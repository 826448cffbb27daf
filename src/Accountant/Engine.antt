-- ===== src/Accountant/Engine.antt =====
-- The allocation of one matured reward: `AllocationEngine::allocate_coinbase_reward` and
-- `finalise_empty` of accountant/src/allocation.rs. A call returns the tables as they are left: what a
-- transaction that fails wrote is rolled back, and the closing of the window is one of its own.
pub mod Effects
pub mod Once
pub mod Exact
use katpool.Base.{
  ℕ, ◌+◌, Bool, true, false, not, ◌||◌, if◌then◌else◌, ltb, leb, Option, none, some, List, [], ◌∷◌,
  ◌++◌, length, map, is_empty, Result, ok, err, ◌>>=◌, ok_or, map_err,
}
use katpool.Base.Float.{Float}
use katpool.Base.Int.{ℤ, pos, negsuc, ltb_ℤ}
use katpool.Base.Word.{add_sat_i64, sub_sat_i64}
use katpool.Accountant.Fee.{WalletTier, FeeConfig, Allocation, negative_gross}
use katpool.Accountant.Allocation.{
  DbError, AllocationEngineError, math, db, unknown_reward, invalid_window_weight, ShareWindow,
  prorated_sum, divide_reward, allocate_portions,
}
use katpool.Accountant.Ledger.{
  CoinbaseReward, lock_for_allocation, mark_allocated, NachoRebate, accrue, Share, ShareRollup,
  close_window, list_for_window, ShareAllocation, insert_batch,
}

pub record Totals : Type 0 where
  pub pool_fee : ℤ
  pub nacho : ℤ
  pub net : ℤ

-- the loop of `sum_totals` from the totals so far
unfoldable pub sum_totals : Totals → List Allocation → Totals
sum_totals t [] = t
sum_totals t (a ∷ rest) =
    sum_totals
      (record {
        pool_fee = add_sat_i64 t.pool_fee a.pool_fee_sompi;
        nacho = add_sat_i64 t.nacho a.nacho_accrual_sompi;
        net = add_sat_i64 t.net a.net_payout_sompi;
      })
      rest

pub data AllocationOutcome : Type 0 where
  allocated : ℕ → Totals → ℤ → AllocationOutcome
  already_allocated : AllocationOutcome
  no_contributing_wallets : ℤ → AllocationOutcome

-- an entry of the audit log, without what it only reports
pub data AuditEntry : Type 0 where
  reward_allocated : ℕ → AuditEntry
  reward_allocated_empty : ℕ → AuditEntry

-- `i16::try_from(…).unwrap_or(i16::MAX)`
abbrev pub to_i16 : ℕ → ℕ
to_i16 n = if leb n 32_767 then n else 32_767

-- what the row keeps of an allocation
unfoldable pub stored_split : Allocation → Allocation
stored_split a = record {
  gross_sompi = a.gross_sompi;
  pool_fee_sompi = a.pool_fee_sompi;
  nacho_accrual_sompi = a.nacho_accrual_sompi;
  net_payout_sompi = a.net_payout_sompi;
  applied_topline_bps = to_i16 a.applied_topline_bps;
  applied_rebate_bps = to_i16 a.applied_rebate_bps;
  applied_tier = a.applied_tier;
}

module _ (fl : Float) where
  open fl use {F, zero_f, add_f, le_f, is_finite}

  -- what the transaction of an allocation reads and writes
  pub record Books : Type 0 where
    pub rewards : List CoinbaseReward
    pub allocations : List (ShareAllocation fl)
    pub accruals : List NachoRebate
    pub audit : List AuditEntry

  pub record Ledger : Type 0 where
    pub shares : List (Share fl)
    pub windows : List (ShareRollup fl)
    pub books : Books

  abbrev pub with_windows : List (ShareRollup fl) → Ledger → Ledger
  with_windows windows l = record { shares = l.shares; windows = windows; books = l.books }

  abbrev pub with_books : Books → Ledger → Ledger
  with_books books l = record { shares = l.shares; windows = l.windows; books = books }

  unfoldable pub weight_sum : F → List (ShareWindow fl) → F
  weight_sum acc [] = acc
  weight_sum acc (w ∷ ws) = weight_sum (add_f acc w.total_weight) ws

  -- the rows of a reward: the windows in step with the allocations
  unfoldable pub new_rows :
      ℕ → F → List (ShareWindow fl) → List Allocation → List (ShareAllocation fl)
  unfolding stored_split
  new_rows reward_id total (w ∷ ws) (a ∷ rest) =
      record {
        coinbase_reward_id = reward_id;
        row_wallet = w.window_wallet;
        row_weight = w.total_weight;
        window_total = total;
        split = stored_split a;
      }
      ∷ new_rows reward_id total ws rest
  new_rows reward_id total [] allocations = []
  new_rows reward_id total (w ∷ ws) [] = []

  unfoldable pub accrue_all :
      List (ShareWindow fl) → List Allocation → List NachoRebate → Result DbError (List NachoRebate)
  accrue_all (w ∷ ws) (a ∷ rest) rs = do
    next ←
        if ltb_ℤ (pos 0) a.nacho_accrual_sompi
        then accrue w.window_wallet a.nacho_accrual_sompi rs
        else ok rs
    accrue_all ws rest next
  accrue_all [] allocations rs = ok rs
  accrue_all (w ∷ ws) [] rs = ok rs

  -- the transaction behind its gate: insert, accrue, stamp, audit
  unfoldable pub write_fresh :
      ℕ
      → F
      → List (ShareWindow fl)
      → List Allocation
      → ℤ
      → Books
      → Result AllocationEngineError (Books × AllocationOutcome)
  unfolding new_rows accrue_all
  write_fresh reward_id total ws allocations residue b = do
    rows ← map_err db (insert_batch fl (new_rows reward_id total ws allocations) b.allocations)
    accruals ← map_err db (accrue_all ws allocations b.accruals)
    let totals = sum_totals (record { pool_fee = pos 0; nacho = pos 0; net = pos 0 }) allocations
    ok (
      record {
        rewards = mark_allocated reward_id b.rewards;
        allocations = rows;
        accruals = accruals;
        audit = b.audit ++ (reward_allocated reward_id ∷ []);
      },
      allocated (length ws) totals residue,
    )

  abbrev pub retain_reward : ℕ → ℕ → Books → Books × AllocationOutcome
  retain_reward reward_id reward b = (
    record {
      rewards = mark_allocated reward_id b.rewards;
      allocations = b.allocations;
      accruals = b.accruals;
      audit = b.audit ++ (reward_allocated_empty reward_id ∷ []);
    },
    no_contributing_wallets (pos reward),
  )

  -- lock the reward, and leave one that is allocated
  unfoldable pub gate :
      ℕ
      → Books
      → Result AllocationEngineError (Books × AllocationOutcome)
      → Result AllocationEngineError (Books × AllocationOutcome)
  gate reward_id b fresh = do
    row ← ok_or (lock_for_allocation reward_id b.rewards) (unknown_reward reward_id)
    (if row.allocated then ok (b, already_allocated) else fresh)

  unfoldable pub finalise_empty :
      ℕ → ℕ → Books → Result AllocationEngineError (Books × AllocationOutcome)
  unfolding gate
  finalise_empty reward_id reward b = gate reward_id b (ok (retain_reward reward_id reward b))

  module _ (fee : FeeConfig) (address_of : ℕ → Option ℕ) (classify : ℕ → Option WalletTier) where
    -- the part behind the test for an empty window
    unfoldable pub allocate_rows :
        ℕ
        → ℕ
        → List (ShareWindow fl)
        → Books
        → Result AllocationEngineError (Books × AllocationOutcome)
    unfolding weight_sum gate write_fresh
    allocate_rows reward_id reward ws b =
        let total = weight_sum zero_f ws in
        if not (is_finite total) || le_f total zero_f then err invalid_window_weight else do
          allocations ← allocate_portions fee address_of classify (divide_reward fl reward total ws)
          gate reward_id b (
              write_fresh reward_id total ws allocations
                (sub_sat_i64 (pos reward) (pos (prorated_sum fl reward total ws))) b)

    -- the part behind the closing of the window
    unfoldable pub allocate_closed :
        ℕ
        → ℕ
        → List (ShareWindow fl)
        → Books
        → Result AllocationEngineError (Books × AllocationOutcome)
    allocate_closed reward_id reward ws b =
        if is_empty ws
        then finalise_empty reward_id reward b
        else allocate_rows reward_id reward ws b

    -- a transaction that commits, or that leaves the tables
    unfoldable pub commit :
        Ledger
        → Result AllocationEngineError (Books × AllocationOutcome)
        → Ledger × Result AllocationEngineError AllocationOutcome
    commit l (err e) = (l, err e)
    commit l (ok (b, outcome)) = (with_books b l, ok outcome)

    unfoldable pub allocate_after_close :
        ℕ
        → ℕ
        → ℕ
        → ℕ
        → Ledger
        → Result DbError (List (ShareRollup fl))
        → Ledger × Result AllocationEngineError AllocationOutcome
    unfolding commit
    allocate_after_close reward_id reward daa_start daa_end l (err e) = (l, err (db e))
    allocate_after_close reward_id reward daa_start daa_end l (ok windows) =
        commit (with_windows windows l)
          (allocate_closed reward_id reward (list_for_window fl daa_start daa_end windows) l.books)

    unfoldable pub allocate_coinbase_reward :
        ℕ → ℤ → ℕ → ℕ → Ledger → Ledger × Result AllocationEngineError AllocationOutcome
    unfolding allocate_after_close
    allocate_coinbase_reward reward_id (negsuc n) daa_start daa_end l =
        (l, err (math (negative_gross (negsuc n))))
    allocate_coinbase_reward reward_id (pos reward) daa_start daa_end l =
        allocate_after_close reward_id reward daa_start daa_end l
          (close_window fl daa_start daa_end l.shares l.windows)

◆ TASK OBJECTIVE:
Your reply should hold all the lines from the listing above in which "ShareAllocation" appears.

◆ SOLVED PROBLEM:
  close_window, list_for_window, ShareAllocation, insert_batch,
    pub allocations : List (ShareAllocation fl)
      ℕ → F → List (ShareWindow fl) → List Allocation → List (ShareAllocation fl)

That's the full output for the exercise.